#### [Description of the task]
Would you return the lines between the one holding "repository 2979af2d2db7528a" and the one holding "unfoldable pub is_simulated_frame", inclusive, and only those, exactly as they stand in the listing below?

══════════════════════════════

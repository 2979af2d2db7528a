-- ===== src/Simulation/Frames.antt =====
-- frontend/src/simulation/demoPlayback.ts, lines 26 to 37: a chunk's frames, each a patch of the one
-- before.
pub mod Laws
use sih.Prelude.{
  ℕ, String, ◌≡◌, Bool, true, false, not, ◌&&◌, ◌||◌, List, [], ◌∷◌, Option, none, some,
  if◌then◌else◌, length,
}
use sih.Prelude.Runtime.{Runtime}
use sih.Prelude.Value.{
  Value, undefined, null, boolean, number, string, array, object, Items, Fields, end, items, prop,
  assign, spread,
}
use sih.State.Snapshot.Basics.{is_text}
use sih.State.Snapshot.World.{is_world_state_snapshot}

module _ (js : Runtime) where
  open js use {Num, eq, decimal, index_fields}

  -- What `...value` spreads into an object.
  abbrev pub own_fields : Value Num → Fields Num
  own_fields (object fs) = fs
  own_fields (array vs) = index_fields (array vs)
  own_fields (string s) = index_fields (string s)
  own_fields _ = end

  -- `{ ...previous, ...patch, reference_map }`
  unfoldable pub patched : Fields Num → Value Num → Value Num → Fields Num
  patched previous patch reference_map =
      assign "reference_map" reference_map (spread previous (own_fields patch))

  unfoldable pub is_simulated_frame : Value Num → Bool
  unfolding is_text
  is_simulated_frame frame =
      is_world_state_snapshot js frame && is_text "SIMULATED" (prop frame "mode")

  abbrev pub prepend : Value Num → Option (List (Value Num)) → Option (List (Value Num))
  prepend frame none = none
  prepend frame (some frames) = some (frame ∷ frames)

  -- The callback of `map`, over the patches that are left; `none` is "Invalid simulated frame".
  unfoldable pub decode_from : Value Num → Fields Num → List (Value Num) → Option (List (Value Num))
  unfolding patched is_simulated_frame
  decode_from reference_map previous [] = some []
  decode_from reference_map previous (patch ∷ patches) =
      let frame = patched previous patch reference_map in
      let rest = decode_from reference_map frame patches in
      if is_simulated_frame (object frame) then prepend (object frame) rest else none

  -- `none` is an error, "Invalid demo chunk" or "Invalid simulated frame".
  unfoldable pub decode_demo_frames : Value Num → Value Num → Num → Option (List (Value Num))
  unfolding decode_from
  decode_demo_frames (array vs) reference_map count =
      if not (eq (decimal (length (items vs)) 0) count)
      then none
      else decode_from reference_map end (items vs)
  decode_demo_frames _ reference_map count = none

══════════════════════════════

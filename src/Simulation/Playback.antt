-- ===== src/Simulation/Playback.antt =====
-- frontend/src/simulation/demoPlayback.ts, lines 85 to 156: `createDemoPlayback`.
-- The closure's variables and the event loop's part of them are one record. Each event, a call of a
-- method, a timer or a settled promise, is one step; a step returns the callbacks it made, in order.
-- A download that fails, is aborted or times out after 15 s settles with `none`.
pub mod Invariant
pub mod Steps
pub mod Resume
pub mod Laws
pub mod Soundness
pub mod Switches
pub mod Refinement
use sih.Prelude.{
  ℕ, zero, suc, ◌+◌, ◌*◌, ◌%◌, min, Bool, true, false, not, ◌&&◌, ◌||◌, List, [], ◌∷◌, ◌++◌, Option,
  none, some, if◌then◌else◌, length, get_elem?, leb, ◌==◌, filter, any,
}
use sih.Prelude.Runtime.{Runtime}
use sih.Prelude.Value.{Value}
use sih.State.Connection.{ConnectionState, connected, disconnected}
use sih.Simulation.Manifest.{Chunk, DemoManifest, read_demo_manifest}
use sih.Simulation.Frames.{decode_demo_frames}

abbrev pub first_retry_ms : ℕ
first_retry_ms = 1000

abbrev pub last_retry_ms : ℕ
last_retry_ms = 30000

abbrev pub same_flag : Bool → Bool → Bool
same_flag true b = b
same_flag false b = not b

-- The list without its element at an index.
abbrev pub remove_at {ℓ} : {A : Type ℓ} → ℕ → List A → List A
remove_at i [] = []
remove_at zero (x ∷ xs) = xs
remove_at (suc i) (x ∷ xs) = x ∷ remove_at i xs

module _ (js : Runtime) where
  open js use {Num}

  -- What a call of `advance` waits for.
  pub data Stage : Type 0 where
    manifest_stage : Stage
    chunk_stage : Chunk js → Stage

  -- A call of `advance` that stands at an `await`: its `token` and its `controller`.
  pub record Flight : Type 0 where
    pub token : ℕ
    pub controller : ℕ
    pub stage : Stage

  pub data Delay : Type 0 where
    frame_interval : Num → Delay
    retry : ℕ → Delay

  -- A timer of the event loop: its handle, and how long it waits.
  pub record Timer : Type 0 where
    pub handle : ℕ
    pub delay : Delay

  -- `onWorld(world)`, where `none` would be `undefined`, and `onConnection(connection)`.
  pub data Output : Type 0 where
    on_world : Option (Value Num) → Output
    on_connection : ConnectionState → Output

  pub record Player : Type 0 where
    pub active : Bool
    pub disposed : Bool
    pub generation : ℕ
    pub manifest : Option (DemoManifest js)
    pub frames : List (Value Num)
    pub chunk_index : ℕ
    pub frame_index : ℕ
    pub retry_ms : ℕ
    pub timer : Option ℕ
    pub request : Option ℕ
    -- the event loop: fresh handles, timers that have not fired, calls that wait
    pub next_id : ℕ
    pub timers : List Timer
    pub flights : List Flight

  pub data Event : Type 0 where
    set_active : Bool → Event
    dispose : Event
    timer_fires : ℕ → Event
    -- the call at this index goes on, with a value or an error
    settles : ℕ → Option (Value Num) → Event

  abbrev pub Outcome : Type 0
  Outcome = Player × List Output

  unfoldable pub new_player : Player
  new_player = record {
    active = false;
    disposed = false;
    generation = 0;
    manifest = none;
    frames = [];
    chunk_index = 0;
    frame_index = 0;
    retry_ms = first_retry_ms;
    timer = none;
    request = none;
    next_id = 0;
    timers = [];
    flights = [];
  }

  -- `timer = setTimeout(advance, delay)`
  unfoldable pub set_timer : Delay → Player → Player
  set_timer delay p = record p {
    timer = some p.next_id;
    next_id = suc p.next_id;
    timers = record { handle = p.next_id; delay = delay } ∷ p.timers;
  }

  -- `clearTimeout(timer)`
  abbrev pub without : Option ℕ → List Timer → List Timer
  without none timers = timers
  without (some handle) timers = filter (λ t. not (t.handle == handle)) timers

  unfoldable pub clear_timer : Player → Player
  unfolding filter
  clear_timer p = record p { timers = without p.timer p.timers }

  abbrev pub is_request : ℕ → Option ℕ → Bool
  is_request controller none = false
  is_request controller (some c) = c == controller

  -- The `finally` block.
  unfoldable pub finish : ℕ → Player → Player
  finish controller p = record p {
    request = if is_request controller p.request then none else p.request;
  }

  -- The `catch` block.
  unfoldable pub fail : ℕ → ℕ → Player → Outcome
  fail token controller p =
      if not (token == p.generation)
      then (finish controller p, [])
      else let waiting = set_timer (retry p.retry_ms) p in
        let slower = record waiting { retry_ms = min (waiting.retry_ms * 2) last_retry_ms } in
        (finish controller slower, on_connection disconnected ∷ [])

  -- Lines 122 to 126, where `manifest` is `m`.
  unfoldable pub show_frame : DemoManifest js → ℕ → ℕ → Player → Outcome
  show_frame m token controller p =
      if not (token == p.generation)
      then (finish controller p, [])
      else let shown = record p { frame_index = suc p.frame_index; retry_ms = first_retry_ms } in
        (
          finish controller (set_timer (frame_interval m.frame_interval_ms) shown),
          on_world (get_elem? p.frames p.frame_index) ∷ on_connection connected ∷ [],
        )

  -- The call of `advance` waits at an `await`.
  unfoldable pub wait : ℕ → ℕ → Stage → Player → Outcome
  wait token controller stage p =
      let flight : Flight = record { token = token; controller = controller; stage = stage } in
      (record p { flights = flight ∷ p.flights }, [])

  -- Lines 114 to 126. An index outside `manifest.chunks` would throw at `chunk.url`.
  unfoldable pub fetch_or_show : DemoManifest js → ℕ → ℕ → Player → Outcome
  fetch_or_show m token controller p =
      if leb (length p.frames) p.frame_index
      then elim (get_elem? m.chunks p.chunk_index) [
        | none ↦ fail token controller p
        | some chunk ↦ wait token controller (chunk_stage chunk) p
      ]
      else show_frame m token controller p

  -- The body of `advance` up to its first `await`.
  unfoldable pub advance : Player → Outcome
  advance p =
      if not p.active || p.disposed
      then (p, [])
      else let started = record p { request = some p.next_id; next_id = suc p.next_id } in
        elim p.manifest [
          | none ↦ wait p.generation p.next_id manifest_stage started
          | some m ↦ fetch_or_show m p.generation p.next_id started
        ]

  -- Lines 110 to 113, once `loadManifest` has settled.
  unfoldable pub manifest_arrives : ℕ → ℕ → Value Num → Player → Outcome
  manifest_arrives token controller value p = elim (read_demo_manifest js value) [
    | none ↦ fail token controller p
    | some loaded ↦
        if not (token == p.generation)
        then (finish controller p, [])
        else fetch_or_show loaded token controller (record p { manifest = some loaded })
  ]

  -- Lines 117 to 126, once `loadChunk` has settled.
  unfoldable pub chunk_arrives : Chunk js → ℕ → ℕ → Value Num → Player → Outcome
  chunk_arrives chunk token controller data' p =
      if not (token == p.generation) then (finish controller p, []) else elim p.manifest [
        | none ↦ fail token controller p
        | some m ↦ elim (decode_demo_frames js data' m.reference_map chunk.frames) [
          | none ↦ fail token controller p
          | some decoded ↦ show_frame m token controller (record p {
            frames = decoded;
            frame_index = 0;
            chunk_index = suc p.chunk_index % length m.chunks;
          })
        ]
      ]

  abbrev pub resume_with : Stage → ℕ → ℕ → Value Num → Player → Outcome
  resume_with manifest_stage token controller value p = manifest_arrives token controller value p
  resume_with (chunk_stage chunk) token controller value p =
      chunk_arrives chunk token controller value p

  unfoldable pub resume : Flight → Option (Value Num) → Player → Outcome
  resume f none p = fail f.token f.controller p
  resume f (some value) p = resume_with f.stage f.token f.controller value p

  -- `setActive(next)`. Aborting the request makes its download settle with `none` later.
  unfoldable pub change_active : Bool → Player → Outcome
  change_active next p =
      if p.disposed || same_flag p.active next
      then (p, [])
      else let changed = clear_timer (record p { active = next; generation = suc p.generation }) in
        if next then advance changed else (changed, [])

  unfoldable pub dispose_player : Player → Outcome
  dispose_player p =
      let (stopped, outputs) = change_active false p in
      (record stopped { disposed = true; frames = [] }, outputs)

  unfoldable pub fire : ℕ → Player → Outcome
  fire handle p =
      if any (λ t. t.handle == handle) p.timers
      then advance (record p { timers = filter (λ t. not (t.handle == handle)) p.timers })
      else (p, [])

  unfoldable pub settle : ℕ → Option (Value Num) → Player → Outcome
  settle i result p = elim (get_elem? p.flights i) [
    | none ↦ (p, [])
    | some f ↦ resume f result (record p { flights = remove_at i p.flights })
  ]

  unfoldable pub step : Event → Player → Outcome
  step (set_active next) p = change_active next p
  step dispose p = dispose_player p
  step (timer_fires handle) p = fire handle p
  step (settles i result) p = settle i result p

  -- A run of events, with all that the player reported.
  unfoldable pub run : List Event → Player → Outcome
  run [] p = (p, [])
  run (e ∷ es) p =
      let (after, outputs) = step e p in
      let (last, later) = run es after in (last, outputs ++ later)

══════════════════════════════

#### [Answer space]
repository 2979af2d2db7528a
-- ===== src/Simulation/Frames.antt =====
-- frontend/src/simulation/demoPlayback.ts, lines 26 to 37: a chunk's frames, each a patch of the one
-- before.
pub mod Laws
use sih.Prelude.{
  ℕ, String, ◌≡◌, Bool, true, false, not, ◌&&◌, ◌||◌, List, [], ◌∷◌, Option, none, some,
  if◌then◌else◌, length,
}
use sih.Prelude.Runtime.{Runtime}
use sih.Prelude.Value.{
  Value, undefined, null, boolean, number, string, array, object, Items, Fields, end, items, prop,
  assign, spread,
}
use sih.State.Snapshot.Basics.{is_text}
use sih.State.Snapshot.World.{is_world_state_snapshot}

module _ (js : Runtime) where
  open js use {Num, eq, decimal, index_fields}

  -- What `...value` spreads into an object.
  abbrev pub own_fields : Value Num → Fields Num
  own_fields (object fs) = fs
  own_fields (array vs) = index_fields (array vs)
  own_fields (string s) = index_fields (string s)
  own_fields _ = end

  -- `{ ...previous, ...patch, reference_map }`
  unfoldable pub patched : Fields Num → Value Num → Value Num → Fields Num
  patched previous patch reference_map =
      assign "reference_map" reference_map (spread previous (own_fields patch))

  unfoldable pub is_simulated_frame : Value Num → Bool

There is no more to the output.